Stored data
-- ===== src/Buffers/Input.antt =====
-- `next` of src/neo/io/stream/buffers.hpp: what comes in.
use neo_io.Prelude.{
  ℕ, ◌≤◌, ◌≡◌, ◌≢◌, refl, ap, ◌∙◌, inl, inr, ltb, ◌==◌, ==_iff, List, [], ◌++◌, append_assoc, arith,
  Bool-cases, length, take, drop, eq-nil_of_length, length-append, take-append_left, take-eq_of_le,
}
use neo_io.Transfer.{TransferResult, transfer_errant, ErrorCode, Outcome, returned, thrown}
use neo_io.Buffers.{DynbufIo, ReadSome, IoBuffers, fill, next}
use neo_io.Buffers.Laws.{IsDynbufIo}

-- The contract of a `read_stream`: `read_some` stores in the region the next bytes that come in, as
-- many as it reports.
pub record IsSource {R S : Type 0} ⦃t : TransferResult R⦄ (incoming : S → List ℕ)
    (read_some : ReadSome R S) : Type 0 where
  pub read-le : (n : ℕ) (s : S) → t.bytes_transferred (read_some n s).0 ≤ n
  pub length-read :
      (n : ℕ) (s : S) → length (read_some n s).1 ≡ t.bytes_transferred (read_some n s).0
  pub read-incoming : (n : ℕ) (s : S) → incoming s ≡ (read_some n s).1 ++ incoming (read_some n s).2

module _ {B S : Type 0} (content : B → List ℕ) (incoming : S → List ℕ) where
  -- What a call of `next(size)` that does what it should has done.
  pub record Serves (size : ℕ) (x : IoBuffers B S) (out : Outcome (List ℕ)) (x' : IoBuffers B S)
      : Type 0 where
    pub kept : content x'.io_bufs ++ incoming x'.strm ≡ content x.io_bufs ++ incoming x.strm
    pub given : (bytes : List ℕ) → out ≡ returned bytes → bytes ≡ take size (content x'.io_bufs)
    pub buffered : content x.io_bufs ≢ [] → x' ≡ x
    pub failed : (e : ErrorCode) → out ≡ thrown e → content x.io_bufs ≡ []

module _ {R B S : Type 0} ⦃t : TransferResult R⦄ {d : DynbufIo B} {content staged : B → List ℕ}
    {incoming : S → List ℕ} {read_some : ReadSome R S} (dl : IsDynbufIo d content staged)
    (sl : IsSource incoming read_some) where
  -- The bytes that were read end up behind the buffered ones.
  fill-content :
      (size : ℕ) (x : IoBuffers B S)
      → let in_bufs = d.prepare size x.io_bufs in
        let (r, bytes, s) = read_some (d.prepared in_bufs) x.strm in
        content (d.commit (t.bytes_transferred r) (d.store bytes in_bufs))
        ≡ content x.io_bufs ++ bytes
  fill-content size x =
      dl.content-commit n (d.store bytes in_bufs) (
        omega (
          arith,
          ap length area,
          room,
          len,
          length-append bytes (drop (length bytes) (staged in_bufs)),
        ))
      ∙ (rw (
        dl.content-store bytes in_bufs,
        dl.content-prepare size x.io_bufs,
        area,
        take-append_left n bytes (drop (length bytes) (staged in_bufs)) len,
      ))
    where
      in_bufs : B
      in_bufs = d.prepare size x.io_bufs

      n : ℕ
      n = t.bytes_transferred (read_some (d.prepared in_bufs) x.strm).0

      bytes : List ℕ
      bytes = (read_some (d.prepared in_bufs) x.strm).1

      len : length bytes ≡ n
      len = sl.length-read (d.prepared in_bufs) x.strm

      room : length bytes ≤ length (staged in_bufs)
      room = omega (arith, len, sl.read-le (d.prepared in_bufs) x.strm, dl.prepared_lem in_bufs)

      area : staged (d.store bytes in_bufs) ≡ bytes ++ drop (length bytes) (staged in_bufs)
      area = dl.staged-store bytes in_bufs room

  fill-Serves :
      (size : ℕ) (x : IoBuffers B S)
      → content x.io_bufs ≡ []
      → Serves content incoming size x (fill d read_some size x).0 (fill d read_some size x).1
  unfolding fill
  fill-Serves size x e = record {
    kept = rw (
      fill-content size x,
      append_assoc,
      ← sl.read-incoming (d.prepared (d.prepare size x.io_bufs)) x.strm,
    );
    given = λ bytes q. elim (Bool-cases (transfer_errant res.0)) [
      | inl bad ↦ absurd (cc (rw bad at q))
      | inr fine ↦ cc (rw fine at q, dl.next_lem size after)
    ];
    buffered = λ k. absurd (k e);
    failed = λ _ _. e;
  }
    where
      res : R × List ℕ × S
      res = read_some (d.prepared (d.prepare size x.io_bufs)) x.strm

      after : B
      after = d.commit (t.bytes_transferred res.0) (d.store res.1 (d.prepare size x.io_bufs))

  -- `next(size)` loses, doubles and reorders nothing between the buffer and the stream. What it
  -- returns are the first `size` buffered bytes, or all if there are fewer. While anything is
  -- buffered it leaves the buffer and the stream alone, and it throws only if nothing was.
  pub next-Serves :
      (size : ℕ) (x : IoBuffers B S)
      → Serves content incoming size x (next d read_some size x).0 (next d read_some size x).1
  unfolding next
  next-Serves size x = elim (Bool-cases (ltb size (d.available x.io_bufs))) [
    | inl h ↦ rw h (record {
      kept = refl;
      given = λ bytes q. cc (q, dl.next_lem size x.io_bufs);
      buffered = λ _. refl;
      failed = λ e q. absurd (cc q);
    })
    | inr h ↦ elim (Bool-cases (d.available x.io_bufs == 0)) [
      | inl z ↦
          rw (h, z)
            (fill-Serves size x (eq-nil_of_length _ (omega (arith, buffer, (==_iff _ _).0 z))))
      | inr nz ↦
          rw (h, nz)
            (record {
              kept = refl;
              given = λ bytes q. cc (
                q,
                dl.next_lem (d.available x.io_bufs) x.io_bufs,
                take-eq_of_le (d.available x.io_bufs) (content x.io_bufs) (omega (arith, buffer)),
                take-eq_of_le size (content x.io_bufs) (ground (arith, buffer)),
              );
              buffered = λ _. refl;
              failed = λ e q. absurd (cc q);
            })
    ]
  ]
    where
      buffer : d.available x.io_bufs ≡ length (content x.io_bufs)
      buffer = dl.available_lem x.io_bufs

### Task requirements
With no additions or omissions, transcribe every record.

### Answer section
-- ===== src/Buffers/Input.antt =====
-- `next` of src/neo/io/stream/buffers.hpp: what comes in.
use neo_io.Prelude.{
  ℕ, ◌≤◌, ◌≡◌, ◌≢◌, refl, ap, ◌∙◌, inl, inr, ltb, ◌==◌, ==_iff, List, [], ◌++◌, append_assoc, arith,
  Bool-cases, length, take, drop, eq-nil_of_length, length-append, take-append_left, take-eq_of_le,
}
use neo_io.Transfer.{TransferResult, transfer_errant, ErrorCode, Outcome, returned, thrown}
use neo_io.Buffers.{DynbufIo, ReadSome, IoBuffers, fill, next}
use neo_io.Buffers.Laws.{IsDynbufIo}

-- The contract of a `read_stream`: `read_some` stores in the region the next bytes that come in, as
-- many as it reports.
pub record IsSource {R S : Type 0} ⦃t : TransferResult R⦄ (incoming : S → List ℕ)
    (read_some : ReadSome R S) : Type 0 where
  pub read-le : (n : ℕ) (s : S) → t.bytes_transferred (read_some n s).0 ≤ n
  pub length-read :
      (n : ℕ) (s : S) → length (read_some n s).1 ≡ t.bytes_transferred (read_some n s).0
  pub read-incoming : (n : ℕ) (s : S) → incoming s ≡ (read_some n s).1 ++ incoming (read_some n s).2

module _ {B S : Type 0} (content : B → List ℕ) (incoming : S → List ℕ) where
  -- What a call of `next(size)` that does what it should has done.
  pub record Serves (size : ℕ) (x : IoBuffers B S) (out : Outcome (List ℕ)) (x' : IoBuffers B S)
      : Type 0 where
    pub kept : content x'.io_bufs ++ incoming x'.strm ≡ content x.io_bufs ++ incoming x.strm
    pub given : (bytes : List ℕ) → out ≡ returned bytes → bytes ≡ take size (content x'.io_bufs)
    pub buffered : content x.io_bufs ≢ [] → x' ≡ x
    pub failed : (e : ErrorCode) → out ≡ thrown e → content x.io_bufs ≡ []

module _ {R B S : Type 0} ⦃t : TransferResult R⦄ {d : DynbufIo B} {content staged : B → List ℕ}
    {incoming : S → List ℕ} {read_some : ReadSome R S} (dl : IsDynbufIo d content staged)
    (sl : IsSource incoming read_some) where
  -- The bytes that were read end up behind the buffered ones.
  fill-content :
      (size : ℕ) (x : IoBuffers B S)
      → let in_bufs = d.prepare size x.io_bufs in
        let (r, bytes, s) = read_some (d.prepared in_bufs) x.strm in
        content (d.commit (t.bytes_transferred r) (d.store bytes in_bufs))
        ≡ content x.io_bufs ++ bytes
  fill-content size x =
      dl.content-commit n (d.store bytes in_bufs) (
        omega (
          arith,
          ap length area,
          room,
          len,
          length-append bytes (drop (length bytes) (staged in_bufs)),
        ))
      ∙ (rw (
        dl.content-store bytes in_bufs,
        dl.content-prepare size x.io_bufs,
        area,
        take-append_left n bytes (drop (length bytes) (staged in_bufs)) len,
      ))
    where
      in_bufs : B
      in_bufs = d.prepare size x.io_bufs

      n : ℕ
      n = t.bytes_transferred (read_some (d.prepared in_bufs) x.strm).0

      bytes : List ℕ
      bytes = (read_some (d.prepared in_bufs) x.strm).1

      len : length bytes ≡ n
      len = sl.length-read (d.prepared in_bufs) x.strm

      room : length bytes ≤ length (staged in_bufs)
      room = omega (arith, len, sl.read-le (d.prepared in_bufs) x.strm, dl.prepared_lem in_bufs)

      area : staged (d.store bytes in_bufs) ≡ bytes ++ drop (length bytes) (staged in_bufs)
      area = dl.staged-store bytes in_bufs room

  fill-Serves :
      (size : ℕ) (x : IoBuffers B S)
      → content x.io_bufs ≡ []
      → Serves content incoming size x (fill d read_some size x).0 (fill d read_some size x).1
  unfolding fill
  fill-Serves size x e = record {
    kept = rw (
      fill-content size x,
      append_assoc,
      ← sl.read-incoming (d.prepared (d.prepare size x.io_bufs)) x.strm,
    );
    given = λ bytes q. elim (Bool-cases (transfer_errant res.0)) [
      | inl bad ↦ absurd (cc (rw bad at q))
      | inr fine ↦ cc (rw fine at q, dl.next_lem size after)
    ];
    buffered = λ k. absurd (k e);
    failed = λ _ _. e;
  }
    where
      res : R × List ℕ × S
      res = read_some (d.prepared (d.prepare size x.io_bufs)) x.strm

      after : B
      after = d.commit (t.bytes_transferred res.0) (d.store res.1 (d.prepare size x.io_bufs))

  -- `next(size)` loses, doubles and reorders nothing between the buffer and the stream. What it
  -- returns are the first `size` buffered bytes, or all if there are fewer. While anything is
  -- buffered it leaves the buffer and the stream alone, and it throws only if nothing was.
  pub next-Serves :
      (size : ℕ) (x : IoBuffers B S)
      → Serves content incoming size x (next d read_some size x).0 (next d read_some size x).1
  unfolding next
  next-Serves size x = elim (Bool-cases (ltb size (d.available x.io_bufs))) [
    | inl h ↦ rw h (record {
      kept = refl;
      given = λ bytes q. cc (q, dl.next_lem size x.io_bufs);
      buffered = λ _. refl;
      failed = λ e q. absurd (cc q);
    })
    | inr h ↦ elim (Bool-cases (d.available x.io_bufs == 0)) [
      | inl z ↦
          rw (h, z)
            (fill-Serves size x (eq-nil_of_length _ (omega (arith, buffer, (==_iff _ _).0 z))))
      | inr nz ↦
          rw (h, nz)
            (record {
              kept = refl;
              given = λ bytes q. cc (
                q,
                dl.next_lem (d.available x.io_bufs) x.io_bufs,
                take-eq_of_le (d.available x.io_bufs) (content x.io_bufs) (omega (arith, buffer)),
                take-eq_of_le size (content x.io_bufs) (ground (arith, buffer)),
              );
              buffered = λ _. refl;
              failed = λ e q. absurd (cc q);
            })
    ]
  ]
    where
      buffer : d.available x.io_bufs ≡ length (content x.io_bufs)
      buffer = dl.available_lem x.io_bufs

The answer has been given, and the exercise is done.